Olive production is always high in one year low in the next**. Last year was high, this year was low and next year (Inshallah) it will be higher barring further destruction by Israel as happened in Gaza recently. In the meantime, we still enjoy our olives and hope that you will come visit us in Palestine so that we can serve you some of the fantastic dishes that include olives or their products and we can do it under the olive trees.  I also noted this interesting story of a Palestinian in China proving again that you can take Palestinians outside of Palestine but you cannot take Palestine outside of Palestinians:

China’s first olive harvest strikes oil

The Olive tree: a folkloric briefing from Bethlehem University

** Olive Oil production in West Bank and Gaza in tons showing yearly cyclical change with higher production in even years:

1988       31100
1989       1690
1990       27500
1991       570
1992       33700
1993       525
1994       18000
1995       8628
1996       24953
1997       5500
1998       22000
1999       3800
2000       30000
2001       6686
2002       31784
2003       11300
2004       30232



Mazin Qumsiyeh, associate professor of genetics and director of cytogenetic services at Yale University School of Medicine, is founder and president of the Holy Land Conservation Foundation and ex-president of the Middle East Genetics Association.

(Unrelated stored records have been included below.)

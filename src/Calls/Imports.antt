-- ===== src/Calls/Imports.antt =====
-- `__wbg_get_imports` of rust/assets/hep-viewer.js: the functions through which the wasm side makes,
-- reads and drops JavaScript values.
use ggsql_duckdb.Prelude.{ℕ, ◌+◌, Option, none, some}
use ggsql_duckdb.Boot.Init.{Text}
use ggsql_duckdb.Glue.Heap.{get_object}
use ggsql_duckdb.Calls.Machine.{ℤ, Call, Exports, Browser, pure, throw, ◌>>=◌, ◌>>◌, gets}
use ggsql_duckdb.Calls.Access.{
  data_view_memory, set_uint32, add_object, take_value, get_text, wasm_vector_len,
  pass_string_to_wasm,
}

module _ (browser : Browser) where
  open browser use {error, string, text_of}

  -- `__wbg_Error`: an error with a text of the wasm side
  unfoldable pub make_error : ℤ → ℤ → Call ℕ
  make_error arg0 arg1 = do s ← get_text browser arg0 arg1; add_object browser (error s)

  -- `__wbindgen_generic`: a text of the wasm side as a value
  unfoldable pub make_string : ℤ → ℤ → Call ℕ
  make_string arg0 arg1 = do s ← get_text browser arg0 arg1; add_object browser (string s)

  -- `__wbg___wbindgen_throw`
  unfoldable pub wbindgen_throw : ℤ → ℤ → Call (Unit {0})
  wbindgen_throw arg0 arg1 = do s ← get_text browser arg0 arg1; throw (error s)

  -- `__wbindgen_object_drop_ref`
  unfoldable pub object_drop_ref : ℤ → Call (Unit {0})
  object_drop_ref arg0 = do take_value browser arg0; pure tt

  module _ (exports : Exports) where
    -- the address of the text, or 0 if the value is none
    abbrev pub pass_option : Option Text → Call ℕ
    pass_option none = pure 0
    pass_option (some s) = pass_string_to_wasm browser exports s

    -- `__wbg___wbindgen_string_get`, of a value that is in the table
    unfoldable pub string_get : ℕ → ℕ → Call (Unit {0})
    string_get arg0 arg1 = do
      obj ← gets λ m. get_object arg1 m.heap
      ptr1 ← pass_option (text_of obj)
      len1 ← wasm_vector_len browser exports
      view ← data_view_memory browser
      set_uint32 browser view (arg0 + 4) len1
      again ← data_view_memory browser
      set_uint32 browser again arg0 ptr1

He won the Raymond Jallow Activism Award from the national Arab American Anti-Discrimination Committee in 1998. He is co-founder and national treasurer of Al-Awda, the Palestine Right to Return Coalition, and has written extensively about the Middle East. Qumsiyeh is a member of the TRANSCEND Network for Peace Development Environment, author of Sharing the Land of Canaan and Popular Resistance in Palestine, a professor at Bethlehem University and director of the Palestine Museum of Natural History in Bethlehem.